The training set details are described under "Knowledge Base":

• Reference database: Data representing 755 taxa, including 645 bacteria and 110 fungi.
• Isolates per species group: An average of 10 isolates (range 2-475) per species group.
• Reference spectra per species: An average of 40 reference spectra per species.

Therefore, the training set effectively included data from at least 755 taxa, with extensive spectral data (average 40 spectra per species) generated from these isolates. The total number of individual isolates used for training would be at least 755 taxa * (average 10 isolates/taxa) = ~7550 isolates if each isolate was distinct. The total number of spectra would be at least 755 taxa * (average 40 spectra/taxa) = ~30,200 spectra.
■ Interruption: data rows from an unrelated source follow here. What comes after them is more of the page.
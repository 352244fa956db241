-- ===== src/Tests/Wire.antt =====
-- The theorems on the wire formats at concrete packets.
use mega_net.Base.{
  Mem, offset, eq_from, eq, ℕ, ◌+◌, ◌-◌, ◌≤◌, ◌≡◌, refl, true, some, List, [], ◌∷◌, arith,
}
use mega_net.Tests.Data.{
  bytes, bytes-IsBytes, zeros, zeros-IsBytes, our_ip, our_ip-IsBytes, peer_ip, peer_ip-IsBytes,
  our_mac, our_mac-IsBytes, cache, cache-IsWellFormed,
}
use mega_net.Wire.Arp.{
  arp_op_request, arp_build_request, arp_opcode, arp_wants_us, arp_sender_mac, arp_sender_ip,
}
use mega_net.Wire.Arp.Cache.{arp_cache_learn, arp_cache_lookup}
use mega_net.Wire.Arp.Cache.Laws.{
  IsWellFormed, arp_cache_lookup-learn, arp_cache_learn-IsWellFormed, Keeps,
  arp_cache_lookup-learn_other,
}
use mega_net.Wire.Arp.Laws.{arp_wants_us-request}
use mega_net.Wire.Byteorder.{get16}
use mega_net.Wire.Checksum.{end_around, trailing, sum16_from, sum16, checksum_valid}
use mega_net.Wire.Checksum.Laws.{sum16-fold}
use mega_net.Wire.Checksum.Spec.{word_sum, fold}
use mega_net.Wire.Ether.{ethertype_ipv4, ether_type, ether_src, ether_is_for_us}
use mega_net.Wire.Icmp.{icmp_echo_reply, is_echo, icmp_is_echo_request, icmp_build_echo_reply}
use mega_net.Wire.Icmp.Laws.{icmp_build_echo_reply-valid, icmp_build_echo_reply-payload}
use mega_net.Wire.Ipv4.{
  ipproto_icmp, ipv4_build, ipv4_header_len, ipv4_total_len, ipv4_valid, ipv4_proto, ipv4_src,
  ipv4_dst, ipv4_payload, ipv4_payload_len, ipv4_addr_eq,
}
use mega_net.Wire.Ipv4.Laws.{ipv4_valid-build}
use mega_net.Wire.Udp.{udp_build, udp_valid, udp_sport, udp_dport, udp_payload}
use mega_net.Wire.Udp.Laws.{udp_valid-build}

-- An echo request of the peer, with four bytes of data.
abbrev request_bytes : List ℕ
request_bytes =
    2 ∷ 0 ∷ 0 ∷ 0 ∷ 0 ∷ 2 ∷ 2 ∷ 0 ∷ 0 ∷ 0 ∷ 0 ∷ 1 ∷ 8 ∷ 0 ∷ 69 ∷ 0 ∷ 0 ∷ 32 ∷ 0 ∷ 7 ∷ 64 ∷ 0 ∷ 64
    ∷ 1 ∷ 38 ∷ 212 ∷ 10 ∷ 0 ∷ 0 ∷ 1 ∷ 10 ∷ 0 ∷ 0 ∷ 2 ∷ 8 ∷ 0 ∷ 33 ∷ 4 ∷ 18 ∷ 52 ∷ 0 ∷ 1 ∷ 97 ∷ 98
    ∷ 99 ∷ 100 ∷ []

sum16-fold_example :
    sum16 (bytes (0 ∷ 80 ∷ 192 ∷ 0 ∷ 104 ∷ 105 ∷ [])) 6
    ≡ fold (word_sum (bytes (0 ∷ 80 ∷ 192 ∷ 0 ∷ 104 ∷ 105 ∷ [])) 6)
sum16-fold_example =
    sum16-fold (bytes (0 ∷ 80 ∷ 192 ∷ 0 ∷ 104 ∷ 105 ∷ [])) 6
      (bytes-IsBytes (0 ∷ 80 ∷ 192 ∷ 0 ∷ 104 ∷ 105 ∷ []) refl) (omega arith)

ipv4_valid-build_example :
    (ipv4_valid (ipv4_build zeros our_ip peer_ip 17 11 7).0 31 ≡ true)
    × (ipv4_proto (ipv4_build zeros our_ip peer_ip 17 11 7).0 ≡ 17)
    × (ipv4_addr_eq (ipv4_src (ipv4_build zeros our_ip peer_ip 17 11 7).0) our_ip ≡ true)
    × (ipv4_addr_eq (ipv4_dst (ipv4_build zeros our_ip peer_ip 17 11 7).0) peer_ip ≡ true)
    × (ipv4_payload_len (ipv4_build zeros our_ip peer_ip 17 11 7).0 ≡ 11)
    × (ipv4_payload (ipv4_build zeros our_ip peer_ip 17 11 7).0
        ≡ offset (ipv4_build zeros our_ip peer_ip 17 11 7).0 20)
ipv4_valid-build_example =
    ipv4_valid-build zeros our_ip peer_ip 17 11 7 31 (ipv4_build zeros our_ip peer_ip 17 11 7).0
      zeros-IsBytes our_ip-IsBytes peer_ip-IsBytes (omega arith) (omega arith) (omega arith)
      (λ i h. refl)

udp_valid-build_example :
    let (u, len) = udp_build zeros our_ip peer_ip 5000 53 3 in
    (udp_valid our_ip peer_ip u len ≡ true)
    × (len ≡ 8 + 3)
    × (udp_sport u ≡ 5000)
    × (udp_dport u ≡ 53)
    × (udp_payload u ≡ udp_payload zeros)
udp_valid-build_example =
    udp_valid-build zeros our_ip peer_ip 5000 53 3 zeros-IsBytes our_ip-IsBytes peer_ip-IsBytes
      (omega arith) (omega arith) (omega arith)

icmp_build_echo_reply-valid_example :
    let (f, n) = icmp_build_echo_reply zeros (bytes request_bytes) our_mac our_ip in
    let ip = offset f 14 in
    let asked = ipv4_payload (offset (bytes request_bytes) 14) in
    let plen = ipv4_payload_len (offset (bytes request_bytes) 14) in
    (ether_type f ≡ ethertype_ipv4)
    × (ether_is_for_us f (ether_src (bytes request_bytes)) ≡ true)
    × (n ≡ 34 + plen)
    × (n ≤ 46)
    × (ipv4_valid ip (n - 14) ≡ true)
    × (ipv4_proto ip ≡ ipproto_icmp)
    × (ipv4_addr_eq (ipv4_src ip) our_ip ≡ true)
    × (ipv4_addr_eq (ipv4_dst ip) (ipv4_src (offset (bytes request_bytes) 14)) ≡ true)
    × (ipv4_payload_len ip ≡ plen)
    × (checksum_valid (ipv4_payload ip) plen ≡ true)
    × (ipv4_payload ip 0 ≡ icmp_echo_reply)
    × (ipv4_payload ip 1 ≡ asked 1)
unfolding icmp_is_echo_request ether_type get16 ipv4_valid ipv4_header_len ipv4_total_len
    checksum_valid sum16 sum16_from trailing end_around ipv4_addr_eq eq eq_from is_echo
    ipv4_payload_len ipv4_payload
icmp_build_echo_reply-valid_example =
    icmp_build_echo_reply-valid zeros (bytes request_bytes) our_mac our_ip 46 zeros-IsBytes
      (bytes-IsBytes request_bytes refl) our_mac-IsBytes our_ip-IsBytes (omega arith) (refl)

icmp_build_echo_reply-payload_example :
    ipv4_payload (offset (icmp_build_echo_reply zeros (bytes request_bytes) our_mac our_ip).0 14) 9
    ≡ ipv4_payload (offset (bytes request_bytes) 14) 9
unfolding icmp_is_echo_request ether_type get16 ipv4_valid ipv4_header_len ipv4_total_len
    checksum_valid sum16 sum16_from trailing end_around ipv4_addr_eq eq eq_from is_echo
    ipv4_payload_len ipv4_payload
icmp_build_echo_reply-payload_example =
    icmp_build_echo_reply-payload zeros (bytes request_bytes) our_mac our_ip 46 9 zeros-IsBytes
      (bytes-IsBytes request_bytes refl) our_mac-IsBytes our_ip-IsBytes (omega arith) (refl)
      (omega arith) (omega arith)

arp_wants_us-request_example :
    let f = (arp_build_request zeros our_mac our_ip peer_ip).0 in
    (ether_is_for_us f our_mac ≡ true)
    × (arp_opcode f 60 ≡ arp_op_request)
    × (arp_wants_us f 60 peer_ip ≡ eq peer_ip peer_ip 4)
    × (eq (arp_sender_ip f) our_ip 4 ≡ true)
    × (eq (arp_sender_mac f) our_mac 6 ≡ true)
arp_wants_us-request_example =
    arp_wants_us-request zeros our_mac our_ip peer_ip our_mac peer_ip 60 (omega arith)

arp_cache_lookup-learn_example :
    (m : Mem) × (arp_cache_lookup (arp_cache_learn cache peer_ip our_mac) peer_ip ≡ some m)
    × (eq m our_mac 6 ≡ true)
arp_cache_lookup-learn_example = arp_cache_lookup-learn cache peer_ip our_mac cache-IsWellFormed

arp_cache_lookup-learn_other_example : Keeps cache (arp_cache_learn cache peer_ip our_mac) our_ip
unfolding eq
arp_cache_lookup-learn_other_example =
    arp_cache_lookup-learn_other cache peer_ip our_mac our_ip cache-IsWellFormed refl

arp_cache_learn-IsWellFormed_example : IsWellFormed (arp_cache_learn cache peer_ip our_mac)
arp_cache_learn-IsWellFormed_example =
    arp_cache_learn-IsWellFormed cache peer_ip our_mac cache-IsWellFormed
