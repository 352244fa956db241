-- ===== src/Wire.antt =====
-- The packet formats: what src/net builds and reads below the network layer.
pub mod Byteorder
pub mod Checksum
pub mod Ether
pub mod Arp
pub mod Ipv4
pub mod Icmp
pub mod Udp
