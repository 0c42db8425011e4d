-- ===== src/Tests/Pipeline.antt =====
-- A transaction of one insert through the pipeline, from the listener to the broker's ack.
use excalibase_watcher.Postgres.Pipeline.AtLeastOnce.{Delivered, confirmed_iff}
use excalibase_watcher.Base.{
  false, is_empty, inl, ◌↔◌, ◌≤◌, arith, ◌≡◌, refl, Bool, true, none, some, [], ◌∷◌, Bytes, codes,
  decimal,
}
use excalibase_watcher.Cdc.Event.{is_table_event, is_publishable, Event, insert, commit, new_event}
use excalibase_watcher.Cdc.Service.{
  receive, new_service, new_subscriber, handle_event, deliver_all, deliver_table, deliver, accepts,
}
use excalibase_watcher.Postgres.AckGate.{
  committed, flush, observe_published, new_ack_gate, enable, hand,
}
use excalibase_watcher.Postgres.Listener.{Listener, emit, emit_as, emit_publishable, named}
use excalibase_watcher.Postgres.Parser.{Parser}
use excalibase_watcher.Postgres.Pipeline.{
  Step, emits, commits, publishes, Reach, here, next, IsStart, System,
}
use excalibase_watcher.Postgres.Pipeline.ServiceBus.{Wired, service_bus, bus_handle}

abbrev valid : Bytes → Bool
valid _ = true

abbrev parser : Parser
parser = record {
  table_filter = [];
  capture_ddl = false;
  schema_store = none;
  relation_map = [];
  lsn_provider = none;
  txn_final_lsn = 90;
  txn_end_lsn = 100;
}

abbrev bus : Wired
bus = record { publisher = new_subscriber 0; base = new_service }

abbrev fresh : Listener
fresh = record { parser = parser; ack = enable new_ack_gate; txn_index = 0 }

abbrev start : System (service_bus valid) decimal
start = record {
  listener = fresh;
  state = bus;
  published = [];
  log = [];
  high = 0;
  given_up = false;
}

abbrev row : Event
row = new_event 5 insert (codes "public") (codes "users") (codes "{}") (codes "INSERT") (codes "90")

abbrev end : Event
end = new_event 6 commit [] [] [] (codes "COMMIT") (codes "100")

abbrev queued_row : Event
queued_row = (hand fresh.ack (named decimal fresh row)).1

abbrev handed : Listener
handed = record fresh { txn_index = 1; ack = (hand fresh.ack (named decimal fresh row)).0 }

abbrev one_queued : Wired
one_queued = record bus { publisher = record bus.publisher { queue = queued_row ∷ [] } }

abbrev two_queued : Wired
two_queued = record bus { publisher = record bus.publisher { queue = queued_row ∷ end ∷ [] } }

abbrev closed : Listener
closed = record handed { ack = committed handed.ack 100 }

emits_row : emit decimal (bus_handle valid) fresh bus row ≡ some (handed, one_queued)
unfolding emit emit_as emit_publishable hand handle_event accepts deliver_all deliver_table deliver
    is_publishable is_table_event is_empty
emits_row = refl

emits_end : emit decimal (bus_handle valid) handed one_queued end ≡ some (closed, two_queued)
unfolding emit emit_as committed handle_event accepts deliver_all deliver_table deliver
    is_publishable is_table_event is_empty
emits_end = refl

abbrev after_row : System (service_bus valid) decimal
after_row = record start { listener = handed; state = one_queued }

abbrev after_end : System (service_bus valid) decimal
after_end = record after_row {
  listener = closed;
  state = two_queued;
  log = record { last_sequence = 1; end = 100 } ∷ [];
  high = 100;
}

abbrev acked : System (service_bus valid) decimal
acked = record after_end {
  listener = record closed { ack = observe_published closed.ack queued_row };
  state = record two_queued { publisher = receive two_queued.publisher };
  published = queued_row ∷ [];
}

step_row : Step (service_bus valid) decimal start after_row
unfolding enable
step_row = emits start row handed one_queued (λ e. cc) refl (omega arith) emits_row

step_end : Step (service_bus valid) decimal after_row after_end
unfolding hand enable
step_end = commits after_row end closed two_queued refl refl (omega arith) emits_end

step_ack : Step (service_bus valid) decimal after_end acked
unfolding is_publishable hand
step_ack = publishes after_end queued_row (end ∷ []) refl refl

Reach-acked : Reach (service_bus valid) decimal start acked
Reach-acked = next (next (next here step_row) step_end) step_ack

start-IsStart : IsStart (service_bus valid) decimal start
start-IsStart = record {
  empty_queue = refl;
  nothing_published = refl;
  nothing_logged = refl;
  at_origin = refl;
  nothing_given_up = refl;
  fresh_gate = refl;
}

confirmed_iff_example :
    (100 ≤ (flush acked.listener.ack).1) ↔ Delivered (service_bus valid) decimal 1 acked.published
confirmed_iff_example =
    confirmed_iff (service_bus valid) decimal start acked (record { last_sequence = 1; end = 100 })
      start-IsStart Reach-acked refl (inl refl)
9. How the Ground Truth for the Training Set Was Established

For the training set (Knowledge Base development):

• Each reference isolate was grown on multiple media types under several growth conditions.
• Raw spectra were acquired by more than one technician using multiple instruments.
• The raw spectra were processed (baseline correction, de-noising, peak detection) to identify well-defined peaks.
• The list of significant peaks was subjected to a proprietary process called "mass binning."
• These processed (binned) data were then used to build the Knowledge Base, implying that the taxonomic identity of these reference isolates was established through standard microbiological and molecular methods prior to their inclusion in the database. While the specific methods for establishing the identity of each isolate for the knowledge base are not explicitly detailed in the same way as the clinical study's ground truth, it is understood that such reference strains would have their identities confirmed by established, reliable methods (e.g., 16S rRNA gene sequencing, traditional biochemical tests, etc.) before being used to build a diagnostic database.